Exercise directions:
Lines containing the word "Sockets" are to be copied from the data below.

┌────────

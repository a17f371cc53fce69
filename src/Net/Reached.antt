-- ===== src/Net/Reached.antt =====
-- lib/sdonet.c: what a connection that succeeds has reached, and what it has noted.
use client_sdk.Base.{
  ℕ, ◌≡◌, refl, sym, subst, ◌≢◌, Bool, true, false, Option, none, some, ◌==◌, arith, if◌then◌else◌,
}
use client_sdk.Env.{Env}
use client_sdk.Rest.{IpAddress, RestCtx, cache_host_port}
use client_sdk.Rest.Noted.{
  Notes, Secured, cache_host_ip-Notes, cache_host_port-Notes, cache_tls_connection-Notes,
}
use client_sdk.Net.{
  Sockets, Net, Connected, attempt, try_address, open_socket, connect_with, then_port,
  cache_address, cache_tls, via_proxy, is_proxy_defined, connect_to_manufacturer,
  connect_to_rendezvous, connect_to_owner,
}

module _ {W : Type 0} (e : Env) (s : Sockets W) where
  -- One call of `sdo_con_connect`, for a target whose address is not empty, gave the handle.
  abbrev pub Opened : W → Option IpAddress × ℕ → Bool → Connected W → Type 0
  Opened w target ssl got =
      (t : IpAddress) × (h : ℕ) × (target.0 ≡ some t)
      × (t.length ≢ 0)
      × (s.con_connect t target.1 ssl w ≡ (got.0.world, some h))
      × (got.1.0 ≡ some h)

  attempt-Opened :
      (n : Net W) (ip : IpAddress) (port : ℕ) (ssl : Bool) (p : W × Option ℕ)
      → s.con_connect ip port ssl n.world ≡ p
      → ip.length ≢ 0
      → (attempt e s n ip port ssl p).1.1 ≡ true
      → Opened n.world (some ip, port) ssl (attempt e s n ip port ssl p)
        × ((attempt e s n ip port ssl p).0.rest ≡ n.rest)
  unfolding attempt
  attempt-Opened n ip port ssl (w, none) is full done = ground (arith, done)
  attempt-Opened n ip port ssl (w, some h) is full done = ((ip, h, refl, full, is, refl), refl)

  try_address-Opened :
      (n : Net W) (ip : IpAddress) (port : ℕ) (ssl : Bool) (old : Option ℕ) (b : Bool)
      → (ip.length == 0) ≡ b
      → (try_address e s n ip port ssl old b).1.1 ≡ true
      → Opened n.world (some ip, port) ssl (try_address e s n ip port ssl old b)
        × ((try_address e s n ip port ssl old b).0.rest ≡ n.rest)
  unfolding try_address
  try_address-Opened n ip port ssl old true is done = ground (arith, done)
  try_address-Opened n ip port ssl old false is done =
      attempt-Opened n ip port ssl _ refl (λ z. ground (arith, z, is)) done

  open_socket-Opened :
      (n : Net W) (target : Option IpAddress × ℕ) (ssl : Bool) (old : Option ℕ)
      → (open_socket e s n target ssl old).1.1 ≡ true
      → Opened n.world target ssl (open_socket e s n target ssl old)
        × ((open_socket e s n target ssl old).0.rest ≡ n.rest)
  unfolding open_socket
  open_socket-Opened n (none, port) ssl old done = ground (arith, done)
  open_socket-Opened n (some ip, port) ssl old done =
      try_address-Opened n ip port ssl old (ip.length == 0) refl done

  connect_with-Opened :
      (n : Net W) (p : Option RestCtx × Bool) (target : Option IpAddress × ℕ) (ssl : Bool)
      (old : Option ℕ)
      → (connect_with e s n p target ssl old).1.1 ≡ true
      → Opened n.world target ssl (connect_with e s n p target ssl old)
        × ((connect_with e s n p target ssl old).0.rest ≡ p.0)
        × (p.1 ≡ true)
  unfolding connect_with
  connect_with-Opened n (rest, false) target ssl old done = ground (arith, done)
  connect_with-Opened n (rest, true) target ssl old done =
      let (opened, same) = open_socket-Opened (record n { rest = rest }) target ssl old done in
      (opened, same, refl)

  then_port-Notes :
      (p : Option RestCtx × Bool) (ip : IpAddress) (port : ℕ)
      → (p.1 ≡ true → Notes (cache_host_port p.0 port).0 (some ip) port)
      → (then_port e s p port).1 ≡ true
      → Notes (then_port e s p port).0 (some ip) port
  unfolding then_port
  then_port-Notes (rest, false) ip port notes done = ground (arith, done)
  then_port-Notes (rest, true) ip port notes done = notes refl

  cache_address-Notes :
      (rest : Option RestCtx) (ip : Option IpAddress) (port : ℕ)
      → (cache_address e s rest ip port).1 ≡ true
      → Notes (cache_address e s rest ip port).0 ip port
  unfolding cache_address
  cache_address-Notes rest none port done = cache_host_port-Notes rest port done
  cache_address-Notes rest (some ip) port done =
      then_port-Notes _ ip port (cache_host_ip-Notes e rest ip port) done

  cache_tls-Notes :
      (ssl : Bool) (p : Option RestCtx × Bool) (ip : Option IpAddress) (port : ℕ)
      → (p.1 ≡ true → Notes p.0 ip port)
      → (cache_tls e s ssl p).1 ≡ true
      → Notes (cache_tls e s ssl p).0 ip port × Secured ssl (cache_tls e s ssl p).0
  unfolding cache_tls
  cache_tls-Notes ssl (rest, false) ip port notes done = ground (arith, done)
  cache_tls-Notes true (rest, true) ip port notes done =
      cache_tls_connection-Notes rest ip port done (notes refl)
  cache_tls-Notes false (rest, true) ip port notes done = (notes refl, tt)

  -- Where connect_to_rendezvous succeeds, one call of sdo_con_connect gave the handle: for the
  -- proxy, without TLS, if its port is set, and for the server otherwise, with an address that is
  -- not empty. The REST context has the address, where one is given, and the port of the server
  -- itself, and TLS where it is asked for.
  pub connect_to_rendezvous-Opened :
      (n : Net W) (ip : Option IpAddress) (port : ℕ) (old : Option ℕ) (ssl : Bool)
      → let got = connect_to_rendezvous e s n ip port (some old) ssl in
        got.1.1 ≡ true
        → Opened n.world
            (via_proxy n.rvproxy ip port)
            (if is_proxy_defined n.rvproxy then false else ssl)
            got
          × Notes got.0.rest ip port
          × Secured ssl got.0.rest
  unfolding connect_to_rendezvous
  connect_to_rendezvous-Opened n ip port old ssl done =
      let cached = cache_tls e s ssl (cache_address e s n.rest ip port) in
      let (opened, same, cached_all) = connect_with-Opened n cached _ _ old done in
      let (notes, secured) =
        cache_tls-Notes ssl _ ip port (cache_address-Notes n.rest ip port) cached_all in
      (
        opened,
        subst (λ r. Notes r ip port) (sym same) notes,
        subst (Secured ssl) (sym same) secured,
      )

  pub connect_to_manufacturer-Opened :
      (n : Net W) (ip : Option IpAddress) (port : ℕ) (old : Option ℕ) (ssl : Bool)
      → let got = connect_to_manufacturer e s n ip port (some old) ssl in
        got.1.1 ≡ true
        → Opened n.world (via_proxy n.mfgproxy ip port) ssl got × Notes got.0.rest ip port
  unfolding connect_to_manufacturer
  connect_to_manufacturer-Opened n ip port old ssl done =
      let (opened, same, cached) = connect_with-Opened n _ _ ssl old done in
      (opened, subst (λ r. Notes r ip port) (sym same) (cache_address-Notes n.rest ip port cached))

  pub connect_to_owner-Opened :
      (n : Net W) (ip : Option IpAddress) (port : ℕ) (old : Option ℕ) (ssl : Bool)
      → let got = connect_to_owner e s n ip port (some old) ssl in
        got.1.1 ≡ true
        → Opened n.world (via_proxy n.ownerproxy ip port) ssl got × Notes got.0.rest ip port
  unfolding connect_to_owner
  connect_to_owner-Opened n ip port old ssl done =
      let (opened, same, cached) = connect_with-Opened n _ _ ssl old done in
      (opened, subst (λ r. Notes r ip port) (sym same) (cache_address-Notes n.rest ip port cached))
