-- ===== src/Net/Resolved.antt =====
-- lib/sdonet.c, `resolve_dn`: the address that a host name stands for.
use client_sdk.Base.{
  ℕ, ◌≡◌, refl, sym, ap, subst, Bool, true, false, Option, none, some, List, [], ◌∷◌, ◌++◌, Bytes,
  arith, Option-cases, inl, inr,
}
use client_sdk.Env.{Env}
use client_sdk.Rest.{IpAddress, cache_host_dns}
use client_sdk.Net.{Sockets, Net, first_answer, kept, answered, looked_up, resolve_dn}

module _ {W : Type 0} (e : Env) (s : Sockets W) where
  -- None of the addresses answers, and the attempts lead from one world to the other.
  abbrev pub Silent : List IpAddress → ℕ → Bool → W → W → Type 0
  Silent [] port ssl w w' = w ≡ w'
  Silent (ip ∷ ips) port ssl w w' =
      ((s.con_connect ip port ssl w).1 ≡ none)
      × Silent ips port ssl (s.con_connect ip port ssl w).0 w'

  -- The address is the first of the list that answers.
  abbrev pub Answers : List IpAddress → ℕ → Bool → W → W × Option (IpAddress × ℕ) → Type 0
  Answers ips port ssl w (w', none) = Silent ips port ssl w w'
  Answers ips port ssl w (w', some (found, h)) =
      (before : List IpAddress) × (after : List IpAddress) × (w1 : W) × (ips
        ≡ before ++ found ∷ after)
      × Silent before port ssl w w1
      × (s.con_connect found port ssl w1 ≡ (w', some h))

  -- An address that is silent in front of the list.
  Answers-cons :
      (ip : IpAddress) (ips : List IpAddress) (port : ℕ) (ssl : Bool) (w : W)
      (p : W × Option (IpAddress × ℕ))
      → (s.con_connect ip port ssl w).1 ≡ none
      → Answers ips port ssl (s.con_connect ip port ssl w).0 p
      → Answers (ip ∷ ips) port ssl w p
  Answers-cons ip ips port ssl w (w', none) quiet rest = (quiet, rest)
  Answers-cons ip ips port ssl w (w', some (found, h)) quiet
        (before, after, w1, split, silent, is) =
      (ip ∷ before, after, w1, ap (λ l. ip ∷ l) split, (quiet, silent), is)

  -- What the loop does with the result of its first attempt.
  abbrev after_first :
      IpAddress → List IpAddress → ℕ → Bool → W → Option ℕ → W × Option (IpAddress × ℕ)
  after_first ip ips port ssl w none = first_answer e s ips port ssl w
  after_first ip ips port ssl w (some h) = (w, some (ip, h))

  at_head :
      (ip : IpAddress) (ips : List IpAddress) (port : ℕ) (ssl : Bool) (w : W) {o : Option ℕ}
      → (s.con_connect ip port ssl w).1 ≡ o
      → Answers
          (ip ∷ ips)
          port
          ssl
          w
          (after_first ip ips port ssl (s.con_connect ip port ssl w).0 o)
      → Answers (ip ∷ ips) port ssl w (
          after_first ip ips port ssl
            (s.con_connect ip port ssl w).0
            (s.con_connect ip port ssl w).1)
  at_head ip ips port ssl w is =
      subst
        (λ o.
          Answers (ip ∷ ips) port ssl w
            (after_first ip ips port ssl (s.con_connect ip port ssl w).0 o))
        (sym is)

  pub first_answer-Answers :
      (ips : List IpAddress) (port : ℕ) (ssl : Bool) (w : W)
      → Answers ips port ssl w (first_answer e s ips port ssl w)
  unfolding first_answer
  first_answer-Answers [] port ssl w = refl
  first_answer-Answers (ip ∷ ips) port ssl w = elim (Option-cases (s.con_connect ip port ssl w).1) [
    | inl quiet ↦ at_head ip ips port ssl w quiet (
        Answers-cons ip ips port ssl w _ quiet
          (first_answer-Answers ips port ssl (s.con_connect ip port ssl w).0))
    | inr (h, is) ↦
        at_head ip ips port ssl w is
          ([], ips, w, refl, refl, λ i. ((s.con_connect ip port ssl w).0, is i))
  ]

  -- What the caller gets without a proxy.
  abbrev pub Found : Net W → Bytes → ℕ → Bool → Net W × (Option IpAddress × Bool) → Type 0
  Found n dn port ssl got =
      (ips : List IpAddress) × (found : IpAddress) × (h : ℕ) × (w : W) × (((s.dns_lookup dn
          n.world).1)
        ≡ some ips)
      × Answers ips port ssl (s.dns_lookup dn n.world).0 (w, some (found, h))
      × (got.1.0 ≡ some found)
      × (got.0.world ≡ s.con_disconnect h ssl w)
      × ((cache_host_dns e n.rest (some dn)).1 ≡ true)
      × (got.0.rest ≡ (cache_host_dns e n.rest (some dn)).0)

  kept-true :
      (n : Net W) (found : IpAddress) (ip : Option IpAddress) (cached given : Bool)
      → (kept e s n found ip cached given).1.1 ≡ true
      → (cached ≡ true) × (kept e s n found ip cached given ≡ (n, (some found, true)))
  unfolding kept
  kept-true n found ip false given done = ground (arith, done)
  kept-true n found ip true false done = ground (arith, done)
  kept-true n found ip true true done = (refl, refl)

  answered-Found :
      (n : Net W) (dn : Bytes) (port : ℕ) (ssl : Bool) (ip : Option IpAddress)
      (ips : List IpAddress) (p : W × Option (IpAddress × ℕ))
      → (s.dns_lookup dn n.world).1 ≡ some ips
      → Answers ips port ssl (s.dns_lookup dn n.world).0 p
      → (answered e s n dn ssl ip p).1.1 ≡ true
      → Found n dn port ssl (answered e s n dn ssl ip p)
  unfolding answered
  answered-Found n dn port ssl ip ips (w, none) looked answers done = ground (arith, done)
  answered-Found n dn port ssl ip ips (w, some (found, h)) looked answers done =
      let (cached, is) = kept-true _ found ip _ _ done in
      (
        ips,
        found,
        h,
        w,
        looked,
        answers,
        ap (λ g. g.1.0) is,
        ap (λ g. g.0.world) is,
        cached,
        ap (λ g. g.0.rest) is,
      )

  looked_up-Found :
      (n : Net W) (dn : Bytes) (ip : Option IpAddress) (port : ℕ) (ssl : Bool)
      (p : W × Option (List IpAddress))
      → s.dns_lookup dn n.world ≡ p
      → (looked_up e s n dn ip port ssl p).1.1 ≡ true
      → Found n dn port ssl (looked_up e s n dn ip port ssl p)
  unfolding looked_up
  looked_up-Found n dn ip port ssl (w, none) is done = ground (arith, done)
  looked_up-Found n dn ip port ssl (w, some []) is done = ground (arith, done)
  looked_up-Found n dn ip port ssl (w, some (i ∷ rest)) is done =
      answered-Found n dn port ssl ip (i ∷ rest) _ (ap (λ p. p.1) is)
        (subst (λ w'. Answers (i ∷ rest) port ssl w' (first_answer e s (i ∷ rest) port ssl w))
          (ap (λ p. p.0) (sym is)) (first_answer-Answers (i ∷ rest) port ssl w))
        done

  -- Where resolve_dn succeeds without a proxy, it gives the first address of the looked-up list
  -- that answers: those in front of it were tried in order and gave no handle. The connection to
  -- it is closed again, and the name is cached.
  pub resolve_dn-Found :
      (n : Net W) (dn : Bytes) (ip : Option IpAddress) (port : ℕ) (ssl : Bool)
      → (resolve_dn e s n (some dn) ip port ssl false).1.1 ≡ true
      → Found n dn port ssl (resolve_dn e s n (some dn) ip port ssl false)
  unfolding resolve_dn
  resolve_dn-Found n dn ip port ssl = looked_up-Found n dn ip port ssl _ refl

└────────

Answer to this exercise:
  Sockets, Net, Connected, attempt, try_address, open_socket, connect_with, then_port,
module _ {W : Type 0} (e : Env) (s : Sockets W) where
use client_sdk.Net.{Sockets, Net, first_answer, kept, answered, looked_up, resolve_dn}
module _ {W : Type 0} (e : Env) (s : Sockets W) where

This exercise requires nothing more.